Die Einspruchsentscheidung vom 12. Juli 2012 und der Einkommensteuerbescheid vom 27. August 2014 sind rechtswidrig und verletzen die Kläger in ihren Rechten, da außergewöhnliche Belastungen in Höhe von 65.000
EUR vor Abzug der zumutbaren Eigenbelastung nach § 33 EStG wie von den Klägern beantragt zu berücksichtigen sind.
1. Nach § 33
Abs. 1 EStG wird die Einkommensteuer auf Antrag ermäßigt, wenn einem Steuerpflichtigen zwangsläufig größere Aufwendungen als der überwiegenden Mehrzahl der Steuerpflichtigen gleicher Einkommensverhältnisse, gleicher Vermögensverhältnisse und gleichen Familienstandes (außergewöhnliche Belastungen) erwachsen. Zwangsläufig erwachsen dem Steuerpflichtigen Aufwendungen dann, wenn er sich ihnen aus rechtlichen, tatsächlichen oder sittlichen Gründen nicht entziehen kann und soweit die Aufwendungen den Umständen nach notwendig sind und einen angemessenen Betrag nicht übersteigen (§ 33
Abs. 2 Satz 1 EStG). Ziel des § 33 EStG ist es, zwangsläufige Mehraufwendungen für den existenznotwendigen Grundbedarf zu berücksichtigen, die sich wegen ihrer Außergewöhnlichkeit einer pauschalen Erfassung in allgemeinen Freibeträgen entziehen. Aus dem Anwendungsbereich des § 33 EStG ausgeschlossen sind dagegen die üblichen Aufwendungen der Lebensführung, die in Höhe des Existenzminimums durch den Grundfreibetrag abgegolten sind (BFH-Urteile vom 29. September 1989 III R 129/86, BFHE 158, 86, BStBl II 1990, 418; aus jüngster Zeit in BFHE 244, 395, BStBl II 2014, 458).

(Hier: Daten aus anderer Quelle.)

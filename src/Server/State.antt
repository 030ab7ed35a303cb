-- ===== src/Server/State.antt =====
-- `AppState` (rust/smooth-operator-server/src/state.rs): what the handlers of a connection use of it,
-- and its three registries. The handles that only the admin routes use are left out.
use Prim.Native.String.{◌++◌ as str_append}
use smooth_agent.Base.{
  ℕ, ◌+◌, ◌^◌, ◌%◌, String, Bool, Option, none, some, List, [], ◌∷◌, ◌++◌, string_eq, ◌==◌, any,
  if◌then◌else◌,
}
use smooth_agent.Base.Dict.{Dict, get, insert}
use smooth_agent.Base.Sort.{sort_by}
use smooth_agent.Base.Outcome.{Lock, new_lock, store}
use smooth_agent.Json.{Json}
use smooth_agent.Domain.{Session}
use smooth_agent.Backplane.Registry.{Registry}
use smooth_agent.Backplane.Registry
use smooth_agent.Widget.Origin.{WidgetAuthProvider, permissive}
use smooth_agent.Server.Config.{ServerConfig}
use smooth_agent.Server.Streaming.{Storage}

-- Events go out to a connection through its sink.
pub record AppState (json : Json) (State : Type 0) : Type 0 where
  pub storage : Storage json State
  pub config : ServerConfig
  pub widget_auth : WidgetAuthProvider
  pub backplane : Registry String json.Value
  pub sessions : Lock (Dict String (Session json.Value))
  pub doc_sets : Lock (Dict String (Dict String ℕ))
  pub connectors : Lock (Dict String (List String))

-- U+0001, which no connector's name holds.
abbrev separator : String
separator = "\u{1}"

abbrev pub scoped_connector_key : String → String → String
scoped_connector_key org_id connector_name =
    str_append "IXCONN#" (str_append org_id (str_append separator connector_name))

-- `map.get(key)` or the empty default.
abbrev pub sets_of : Dict String (Dict String ℕ) → String → Dict String ℕ
sets_of m org = elim (get m org) [ none ↦ [] | some sets ↦ sets ]

abbrev pub names_of : Dict String (List String) → String → List String
names_of m org = elim (get m org) [ none ↦ [] | some names ↦ names ]

abbrev pub count_of : Dict String ℕ → String → ℕ
count_of m set = elim (get m set) [ none ↦ 0 | some n ↦ n ]

-- A name is pushed unless it is there.
abbrev pub add_name : List String → String → List String
add_name names name = if any (λ c. c == name) names then names else names ++ name ∷ []

-- The order of strings is a parameter: `a.cmp(&b)` is not `Greater`.
module _ {json : Json} {State : Type 0} where
  abbrev pub new : Storage json State → ServerConfig → AppState json State
  new storage config = record {
    storage = storage;
    config = config;
    widget_auth = permissive;
    backplane = Registry.new;
    sessions = new_lock [];
    doc_sets = new_lock [];
    connectors = new_lock [];
  }

  abbrev pub with_widget_auth : AppState json State → WidgetAuthProvider → AppState json State
  with_widget_auth state provider = record state { widget_auth = provider }

  -- A poisoned lock leaves the registry as it is.
  unfoldable pub insert_session : AppState json State → Session json.Value → AppState json State
  insert_session state session = if state.sessions.poisoned then state else record state {
    sessions = store state.sessions (insert state.sessions.content session.session_id session);
  }

  unfoldable pub get_session : AppState json State → String → Option (Session json.Value)
  get_session state session_id =
      if state.sessions.poisoned then none else get state.sessions.content session_id

  -- The count is a machine word.
  unfoldable pub record_document_set : AppState json State → String → String → AppState json State
  record_document_set state org_id set =
      let all_sets = state.doc_sets.content in
      let sets = sets_of all_sets org_id in
      let counted = insert sets set ((count_of sets set + 1) % 2 ^ 64) in
      if state.doc_sets.poisoned
      then state
      else record state { doc_sets = store state.doc_sets (insert all_sets org_id counted) }

  unfoldable pub record_connector : AppState json State → String → String → AppState json State
  record_connector state org_id name =
      let all_names = state.connectors.content in
      let names = names_of all_names org_id in
      if state.connectors.poisoned then state else record state {
        connectors = store state.connectors (insert all_names org_id (add_name names name));
      }

  module _ (string_le : String → String → Bool) where
    unfoldable pub document_sets : AppState json State → String → List (String × ℕ)
    document_sets state org_id =
        if state.doc_sets.poisoned
        then []
        else sort_by (λ a b. string_le a.0 b.0) (sets_of state.doc_sets.content org_id)

    unfoldable pub connectors : AppState json State → String → List String
    connectors state org_id =
        if state.connectors.poisoned
        then []
        else sort_by string_le (names_of state.connectors.content org_id)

a) In ständiger Rechtsprechung geht der Bundesfinanzhof davon aus, dass Krankheitskosten - ohne Rücksicht auf die Art und die Ursache der Erkrankung - dem Steuerpflichtigen aus tatsächlichen Gründen zwangsläufig erwachsen. Allerdings werden nur solche Aufwendungen als Krankheitskosten berücksichtigt, die zum Zwecke der Heilung einer Krankheit oder mit dem Ziel getätigt werden, die Krankheit erträglich zu machen (BFH-Urteil in BFHE 244, 395, BStBl II 2014, 458,
m.w.N.).
b) Aufwendungen für die eigentliche Heilbehandlung werden typisierend als außergewöhnliche Belastung berücksichtigt, ohne dass es im Einzelfall der nach § 33
Abs. 2 Satz 1 EStG an sich gebotenen Prüfung der Zwangsläufigkeit des Grundes und der Höhe nach bedarf (BFH-Urteile vom 1. Februar 2001 III R 22/00, BFHE 195, 144, BStBl II 2001, 543, und vom 3. Dezember 1998 III R 5/98, BFHE 187, 503, BStBl II 1999, 227,
m.w.N.). Eine derart typisierende Behandlung der Krankheitskosten ist zur Vermeidung eines unzumutbaren Eindringens in die Privatsphäre geboten (BFH-Urteil in BFHE 195, 144, BStBl II 2001, 543). Das gilt nur dann, wenn die Aufwendungen nach den Erkenntnissen und Erfahrungen der Heilkunde und nach den Grundsätzen eines gewissenhaften Arztes zur Heilung oder Linderung der Krankheit angezeigt (vertretbar) sind und vorgenommen werden (BFH-Urteil vom 18. Juni 1997 III R 84/96, BFHE 183, 476, BStBl II 1997, 805), also medizinisch indiziert sind (BFH-Urteil vom 19. April 2012 VI R 74/10, BFHE 237, 156, BStBl II 2012, 577).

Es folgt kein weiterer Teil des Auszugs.